HearUSA Granted Temporary Restraining Order Against Siemens. HearUSA Inc, West Palm Beach, Fla, announced that, on March 29, the Appellate Division of the New York State Supreme Court granted a motion by HearUSA for a temporary restraining order against Siemens Hearing Instruments Inc, Piscataway, NJ.
According to a press release from HearUSA, Siemens is now enjoined from declaring HearUSA to be in default under the credit agreement, from engaging in self-help to collect under the credit agreement, and from making any efforts to seize assets or take control of HearUSA’s business pending the May 2, 2011, hearing on HearUSA’s motion for a preliminary injunction. The court ordered the temporary restraining order contingent upon HearUSA continuing to make all payments currently due under the credit agreement, except the disputed amount relating to the Canadian asset sale.
“The court’s decision is a positive step toward resolution of our legal dispute with Siemens regarding an alleged prepayment obligation that we believe has already been satisfied,” said HearUSA Chairman and CEO Stephen J. Hansbrough in the company statement. “We continue to be current in all payments due to Siemens and will continue to vigorously defend our rights to ensure that Siemens does not improperly foreclose on company assets.”
The restraining order comes after a heated battle between the two companies that started with an SEC filing by Siemens over a dispute in payments owed to Siemens (see February HR Online).
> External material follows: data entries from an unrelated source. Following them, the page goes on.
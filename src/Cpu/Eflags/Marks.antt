-- ===== src/Cpu/Eflags/Marks.antt =====
-- What `m_laux` says after the flags were written into `m_eflags`.
use cpu_ia32_cpp.Base.{
  ℕ, ◌+◌, ◌/◌, ◌%◌, ◌^◌, ◌<◌, bit_and, bit_or, ◌≡◌, sym, ap, ◌∙◌, some, arith, not32, int_of, ◌==◌,
}
use cpu_ia32_cpp.Base.Bits.{
  bit_at, bit_and-mask, bit_and-mod, bit_or-mod, bit_at-bit_and, bit_at-bit_or, bit_at-bit_xor,
  bit_and-zero, bit_and-bit_or, bit_and_assoc, bit_xor-lt, bit_or-lt, bit_and-lt, bit_or-zero,
}
use cpu_ia32_cpp.Cpu.State.{Cpu, IsWords, full_update, lazy_op}
use cpu_ia32_cpp.Cpu.Eflags.{mark_full, cpu_get_sf, cpu_get_pf, cpu_get_cf, cpu_get_of, cpu_get_af}
use cpu_ia32_cpp.Cpu.Flags.{Flags, flags}

pub mark_full-op : (laux : ℕ) → lazy_op (bit_and (mark_full laux) 63) ≡ some full_update
mark_full-op laux = ap lazy_op (
    bit_and-mask 6 (mark_full laux)
    ∙ bit_or-mod 6 (bit_and laux (not32 63)) 33
    ∙ ap (λ (t : ℕ). bit_or t 33) (bit_and-mod 6 laux (not32 63) ∙ bit_and-zero (laux % 64)))

mark_full-bit_7 : (laux : ℕ) → bit_and (mark_full laux) 0x80 ≡ bit_and laux 0x80
mark_full-bit_7 laux =
    bit_and-bit_or (bit_and laux (not32 63)) 33 0x80
    ∙ bit_or-zero (bit_and (bit_and laux (not32 63)) 0x80)
    ∙ bit_and_assoc laux (not32 63) 0x80

pub mark_full-lt : (laux : ℕ) → mark_full laux < 2 ^ 32
mark_full-lt laux =
    bit_or-lt 32 (bit_and laux (not32 63)) 33 (bit_and-lt 32 laux (not32 63) (omega arith))
      (omega arith)

-- The sign flag is the exclusive or of two top bits.
top_bit : (x : ℕ) → x < 2 ^ 32 → x / 2 ^ 31 ≡ bit_at 31 x
unfolding bit_at
top_bit x h = omega arith

mark_full-bit_31 : (laux : ℕ) → bit_at 31 (mark_full laux) ≡ bit_at 31 laux
unfolding bit_at
mark_full-bit_31 laux =
    omega (arith, bit_at-bit_or 31 (bit_and laux (not32 63)) 33, bit_at-bit_and 31 laux (not32 63))

-- Marking keeps SF and PF.
pub cpu_get_sf-mark :
    (c d : Cpu) → IsWords c → d.lr ≡ c.lr → d.laux ≡ mark_full c.laux → cpu_get_sf d ≡ cpu_get_sf c
unfolding cpu_get_sf
cpu_get_sf-mark c d v same marked =
    rw (same, marked)
      (top_bit _ (bit_xor-lt 32 c.lr (mark_full c.laux) v.lr_fits (mark_full-lt c.laux))
        ∙ bit_at-bit_xor 31 c.lr (mark_full c.laux)
        ∙ ap (λ (t : ℕ). (bit_at 31 c.lr + t) % 2) (mark_full-bit_31 c.laux)
        ∙ sym (bit_at-bit_xor 31 c.lr c.laux)
        ∙ sym (top_bit _ (bit_xor-lt 32 c.lr c.laux v.lr_fits v.laux_fits)))

pub cpu_get_pf-mark :
    (c d : Cpu) → d.lr ≡ c.lr → d.laux ≡ mark_full c.laux → cpu_get_pf d ≡ cpu_get_pf c
unfolding cpu_get_pf
cpu_get_pf-mark c d same marked = rw (same, marked, mark_full-bit_7 c.laux)

-- What `flags` read.
pub flags-parts :
    (c : Cpu) (f : Flags)
    → flags c ≡ some f
    → (cpu_get_cf c ≡ some f.cf)
      × (cpu_get_af c ≡ some f.af)
      × (cpu_get_of c ≡ some f.of)
      × (f.pf ≡ cpu_get_pf c)
      × (f.zf ≡ int_of (c.lr == 0))
      × (f.sf ≡ cpu_get_sf c)
unfolding flags
flags-parts c f e = ground arith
In the SEC filing, Siemens stated that it might acquire some or all of HearUSA, which could cause the stock to be delisted. Among several subsequent developments, Arcadia Capital Advisors, one of HearUSA’s major shareholders, issued an open letter to shareholders on March 16 that urged its shareholders to stand against Siemens. The investment group, noting April 23, 2011, is the 10th anniversary of the two companies’ business partnership, also said it hoped that the fissure between the two companies could be repaired.